Items from a dataset:
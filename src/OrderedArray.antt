-- ===== src/OrderedArray.antt =====
-- src/utils/ordered_array.c and ordered_array.h: an array in the order of a comparator, in memory
-- that the caller gives. A `type_t` is a number. An access outside the memory is a fault, `none`.
pub mod Memory
pub mod Insert
pub mod Sorted
pub mod Remove
mod Tests
use luck_os.Common.{
  ℕ, zero, suc, ◌+◌, ◌-◌, Bool, true, false, Option, none, some, List, ◌==◌, leb, ltb,
  if◌then◌else◌, ◌>>=◌, get_elem?, get_or, set?, take,
}
use luck_os.Common.Int.{ℤ, pos, negsuc, nonpos}

pub standard_comparator : ℕ → ℕ → ℤ
standard_comparator a b = if ltb a b then negsuc 0 else if a == b then pos 0 else pos 1

pub record OrderedArray : Type 0 where
  pub array : List ℕ
  pub size : ℕ
  pub max_size : ℕ
  pub comparator : ℕ → ℕ → ℤ

unfoldable pub ordered_array_create : List ℕ → ℕ → (ℕ → ℕ → ℤ) → OrderedArray
ordered_array_create array max_size comparator = record {
  array = array;
  size = 0;
  max_size = max_size;
  comparator = comparator;
}

-- `while (iterator < size && comparator(array[iterator], item) <= 0) iterator++;`, with `rounds` for
-- `size - iterator`.
pub find_slot : (ℕ → ℕ → ℤ) → ℕ → ℕ → ℕ → List ℕ → Option ℕ
find_slot comparator item zero iterator array = some iterator
find_slot comparator item (suc rounds) iterator array = do
  x ← get_elem? array iterator
  let later = find_slot comparator item rounds (suc iterator) array
  if nonpos (comparator x item) then later else some iterator

-- `for (; i > iterator; i--) array[i] = array[i - 1];`, with `rounds` for `i - iterator`.
pub shift_up : ℕ → ℕ → List ℕ → Option (List ℕ)
shift_up zero i array = some array
shift_up (suc rounds) i array = do
  x ← get_elem? array (i - 1)
  array' ← set? array i x
  shift_up rounds (i - 1) array'

pub ordered_array_insert : OrderedArray → ℕ → Option (ℕ × OrderedArray)
ordered_array_insert o item =
    if leb o.max_size o.size
    then some (0, o)
    else find_slot o.comparator item o.size 0 o.array >>= λ iterator.
        shift_up (o.size + 1 - 1 - iterator) (o.size + 1 - 1) o.array >>= λ shifted.
        set? shifted iterator item >>= λ array.
        some (1, record o { array = array; size = o.size + 1 })

-- `i >= size` returns 0.
unfoldable pub ordered_array_get : OrderedArray → ℕ → Option ℕ
ordered_array_get o i = if leb o.size i then some 0 else get_elem? o.array i

-- `while (i < size - 1) { array[i] = array[i + 1]; i++; }`, with `rounds` for `size - 1 - i`.
pub shift_down : ℕ → ℕ → List ℕ → Option (List ℕ)
shift_down zero i array = some array
shift_down (suc rounds) i array = do
  x ← get_elem? array (i + 1)
  array' ← set? array i x
  shift_down rounds (i + 1) array'

pub ordered_array_remove : OrderedArray → ℕ → Option (ℕ × OrderedArray)
ordered_array_remove o i =
    if leb o.size i
    then some (0, o)
    else shift_down (o.size - 1 - i) i o.array >>= λ array.
        some (1, record o { array = array; size = o.size - 1 })

-- The search of `ordered_array_find_element`, with `rounds` for `size - i`; `index` is the result
-- when nothing is found.
pub find_from : ℕ → ℕ → ℕ → ℕ → List ℕ → Option ℕ
find_from index ele zero i array = some index
find_from index ele (suc rounds) i array = do
  x ← get_elem? array i
  let later = find_from index ele rounds (suc i) array
  if x == ele then some i else later

pub ordered_array_find_element : OrderedArray → ℕ → Option ℕ
ordered_array_find_element o ele = find_from o.size ele o.size 0 o.array

pub ordered_array_remove_element : OrderedArray → ℕ → Option (ℕ × OrderedArray)
ordered_array_remove_element o ele = find_from o.size ele o.size 0 o.array >>= λ index.
    if index == o.size
    then some (0, o)
    else shift_down (o.size - 1 - index) index o.array >>= λ array.
        some (1, record o { array = array; size = o.size - 1 })

-- The elements in order.
unfoldable pub elements : OrderedArray → List ℕ
elements o = take o.size o.array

(WORK REQUEST):
Repeat word for word the lines above that run from the line containing "max_size = max_size;" through the line containing "shift_up rounds (i - 1) array'", both ends included, and nothing else.

(RESULT OF THE EXERCISE):
  max_size = max_size;
  comparator = comparator;
}

-- `while (iterator < size && comparator(array[iterator], item) <= 0) iterator++;`, with `rounds` for
-- `size - iterator`.
pub find_slot : (ℕ → ℕ → ℤ) → ℕ → ℕ → ℕ → List ℕ → Option ℕ
find_slot comparator item zero iterator array = some iterator
find_slot comparator item (suc rounds) iterator array = do
  x ← get_elem? array iterator
  let later = find_slot comparator item rounds (suc iterator) array
  if nonpos (comparator x item) then later else some iterator

-- `for (; i > iterator; i--) array[i] = array[i - 1];`, with `rounds` for `i - iterator`.
pub shift_up : ℕ → ℕ → List ℕ → Option (List ℕ)
shift_up zero i array = some array
shift_up (suc rounds) i array = do
  x ← get_elem? array (i - 1)
  array' ← set? array i x
  shift_up rounds (i - 1) array'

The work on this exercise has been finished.